Here's my reasoning:

Let's say that we want to find out if the following problem is decidable: given any machine $M$ and a string $y$ find out whether the machine $M$ ever writes an $@$ symbol on the tape.

So, I intuitively think that this is an undecidable problem and I try to reduce the halting problem to our problem.

  1. Let's have an arbitrary machine $N$ and a string $x$. If $N\#x \in HP$ then $N$ halts on input $x$ else if $N\#x \not\in HP$ then $N$ loops on input $x$ where $HP = \{ M\#x\ |\ M\ \text{halts on}\ x\}$.

    Here's my first question: how do we know if $N\#x$ belongs to $HP$ or not? I thought that we cannot tell and that's the whole idea behind the halting problem.

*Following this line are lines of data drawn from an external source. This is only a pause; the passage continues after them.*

-- ===== src/Realtime/Boot.antt =====
-- What the loops of backend/src/http/realtime.ts start with, and what they keep.
use sorosense.Base.{
  ℕ, ◌≤◌, String, ◌≡◌, refl, false, Option, none, some, ◌⊎◌, inl, inr, arith, Bool-cases,
  Option-cases,
}
use mathlib.Core.Path.{subst}
use sorosense.Int.{ℤ}
use sorosense.Text.{parse_int}
use sorosense.Chain.Reader.{Native, DecodedEvents, decode_events}
use sorosense.Chain.Store.{EventStore, new_store, raw}
use sorosense.Chain.Poller.{poll}
use sorosense.Chain.Collect.{Extends, Extends-trans, poll_keeps}
use sorosense.Snapshots.{SnapshotStore}
use sorosense.Realtime.{
  RealtimeEnv, is_integration_env, positive, int_env, configured_ledger, clamped_ledger, Feeds,
  Live, Handle, resolve_start_ledger, live_poll, live_snapshot, boot, start_realtime, Runs, booted,
  then_poll, then_snapshot, default_event_poll_ms, default_snapshot_interval_ms,
}

positive_some : (o : Option ℤ) {n : ℕ} → positive o ≡ some n → 1 ≤ n
positive_some o h = ground (arith, h)

int_env_positive : (raw : Option String) (fallback : ℕ) → 1 ≤ fallback → 1 ≤ int_env raw fallback
unfolding int_env
int_env_positive none fallback h = h
int_env_positive (some text) fallback h = elim (Option-cases (positive (parse_int text))) [
  | inl e ↦ rw e h
  | inr (n, e) ↦ rw e (positive_some (parse_int text) e)
]

configured_positive : (raw : Option String) {n : ℕ} → configured_ledger raw ≡ some n → 1 ≤ n
configured_positive none h = cc
configured_positive (some text) h = positive_some (parse_int text) h

clamped_positive : (latest : ℕ) → 1 ≤ clamped_ledger latest
clamped_positive latest = ground arith

module _ {W ScVal : Type 0} (to_native : ScVal → Native) (parse_date : String → Option ℕ)
    (feeds : Feeds W ScVal) where
  ledger_positive :
      (env : RealtimeEnv) (w : W) {ledger : ℕ}
      → (resolve_start_ledger to_native parse_date feeds env w).0 ≡ some ledger
      → 1 ≤ ledger
  unfolding resolve_start_ledger
  ledger_positive env w {ledger} h =
      elim (Option-cases (configured_ledger env.vault_start_ledger)) [
        | inr (n, e) ↦ ground (arith, h, e, configured_positive env.vault_start_ledger e)
        | inl e ↦ elim (Option-cases (feeds.read_latest_ledger w).0) [
          | inl f ↦ absurd (ground (arith, h, e, f))
          | inr (latest, f) ↦ ground (arith, h, e, f, clamped_positive latest)
        ]
      ]

  -- What is served is what the boot was given, or the decode of all events that a store held, of which
  -- the store has lost none.
  abbrev pub Serves : DecodedEvents → Live W ScVal → Type 0
  Serves given l =
      (l.events ≡ given)
      ⊎ ((s : EventStore ScVal) × (Extends s l.store
            × (l.events ≡ decode_events to_native parse_date (raw s))))

  kept : (s : EventStore ScVal) → Extends s s
  kept s = (λ id ev h. h, omega arith)

  Serves-later :
      {given : DecodedEvents} (l : Live W ScVal) (t : EventStore ScVal)
      → Extends l.store t
      → Serves given l
      → (l.events ≡ given)
        ⊎ ((s : EventStore ScVal) × (Extends s t
              × (l.events ≡ decode_events to_native parse_date (raw s))))
  Serves-later l t more (inl h) = inl h
  Serves-later l t more (inr (s, (e, h))) = inr (s, (Extends-trans s l.store t e more, h))

  live_poll-Serves :
      {given : DecodedEvents} (ledger : ℕ) (l : Live W ScVal)
      → Serves given l
      → Extends l.store (live_poll to_native parse_date feeds ledger l).store
        × Serves given (live_poll to_native parse_date feeds ledger l)
  unfolding live_poll
  live_poll-Serves {given} ledger l h =
      let p = poll (feeds.create_source ledger) to_native parse_date none l.store l.world in
      let (more, handed, refused) =
        poll_keeps (feeds.create_source ledger) to_native parse_date none l.store l.world in
      (
        more,
        elim (Option-cases p.update) [
          | inl e ↦ rw e (Serves-later l p.store more h)
          | inr (decoded, e) ↦ rw e (inr (p.store, (kept p.store, (handed decoded e).1)))
        ],
      )

  Runs-Serves :
      {given : DecodedEvents} {ledger : ℕ} {live l : Live W ScVal}
      → Serves given live
      → Runs to_native parse_date feeds ledger live l
      → Extends live.store l.store × Serves given l
  unfolding live_snapshot
  Runs-Serves {live = live} h booted = (kept live.store, h)
  Runs-Serves {ledger = ledger} {live = live} h (then_poll {l = l} runs) =
      let (more, served) = Runs-Serves h runs in
      let (next, served') = live_poll-Serves ledger l served in
      (
        Extends-trans live.store l.store (live_poll to_native parse_date feeds ledger l).store more
            next,
        served',
      )
  Runs-Serves h (then_snapshot runs) = Runs-Serves h runs

  -- The handle is in bounds, and whatever its loops do keeps serving.
  abbrev pub KeepsServing : DecodedEvents → Live W ScVal → Handle → Type 0
  KeepsServing given live h =
      ((1 ≤ h.start_ledger) × (1 ≤ h.event_poll_ms) × (1 ≤ h.snapshot_ms))
      × ((l : Live W ScVal)
          → Runs to_native parse_date feeds h.start_ledger live l
          → Extends live.store l.store × Serves given l)

  boot_keeps :
      (env : RealtimeEnv) (given : DecodedEvents) (ledger : ℕ) (live : Live W ScVal) {h : Handle}
      → 1 ≤ ledger
      → Serves given live
      → (boot to_native parse_date feeds env ledger live).0 ≡ some h
      → KeepsServing given (boot to_native parse_date feeds env ledger live).1 h
  unfolding live_snapshot
  boot_keeps env given ledger live {h} le served e =
      let made : Handle = record {
        start_ledger = ledger;
        event_poll_ms = int_env env.event_poll_ms default_event_poll_ms;
        snapshot_ms = int_env env.snapshot_interval_ms default_snapshot_interval_ms;
      } in
      let same : made ≡ h = ground (arith, e) in
      subst (KeepsServing given (boot to_native parse_date feeds env ledger live).1) same (
        (
          le,
          int_env_positive env.event_poll_ms default_event_poll_ms (omega arith),
          int_env_positive env.snapshot_interval_ms default_snapshot_interval_ms (omega arith),
        ),
        λ l runs. Runs-Serves (live_poll-Serves ledger live served).1 runs,
      )

  -- A boot without the four variables of the integration makes no read at all and leaves what it was
  -- given. A boot that succeeds starts at a ledger that is at least 1, with intervals of at
  -- least one millisecond, and however polls and snapshots then alternate, the store loses no event
  -- and what is served is what the boot was given or the decode of all events of a store that the
  -- current one extends.
  pub start_realtime_lem :
      (env : RealtimeEnv) (events : DecodedEvents) (snapshots : SnapshotStore) (w : W)
      → let boot = start_realtime to_native parse_date feeds env events snapshots w in
        (is_integration_env env ≡ false
          → (boot.0 ≡ none)
            × (boot.1.world ≡ w)
            × (boot.1.events ≡ events)
            × (boot.1.snapshots ≡ snapshots))
        × ((h : Handle) → boot.0 ≡ some h → KeepsServing events boot.1 h)
  unfolding start_realtime
  start_realtime_lem env events snapshots w = (
    λ off. rw (start_realtime, off) (refl, refl, refl, refl),
    λ h e. elim (Bool-cases (is_integration_env env)) [
      | inr off ↦ absurd (ground (arith, e, off))
      | inl on ↦ elim (Option-cases (resolve_start_ledger to_native parse_date feeds env w).0) [
        | inl f ↦ absurd (ground (arith, e, on, f))
        | inr (ledger, f) ↦
            rw (start_realtime, on, f)
              (boot_keeps env events ledger
                (record {
                  store = new_store;
                  events = events;
                  snapshots = snapshots;
                  world = (resolve_start_ledger to_native parse_date feeds env w).1;
                  errors = 0;
                })
                (ledger_positive env w f) (inl refl) (rw (start_realtime, on, f) at e))
      ]
    ],
  )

  2. Now we typically construct a machine $M'$ which has $N\#x$ hardcoded inside and which output doesn't depend on its input. Here's how $M'$ works:

    1. Erase the input.
    2. Run $N$ on $x$.
    3. If $N$ halts on $x$ then have $M'$ write $@$ to the tape. Otherwise, if $N$ loops on $x$ then have $M'$ make sure $@$ is not written on the tape.

    From what I understand, the proof is over as the behaviour of $M'$ is similar to $HP$ (I am not sure if this is the correct way to formulate this) and since the halting problem is undecidable then our problem is undecidable as well.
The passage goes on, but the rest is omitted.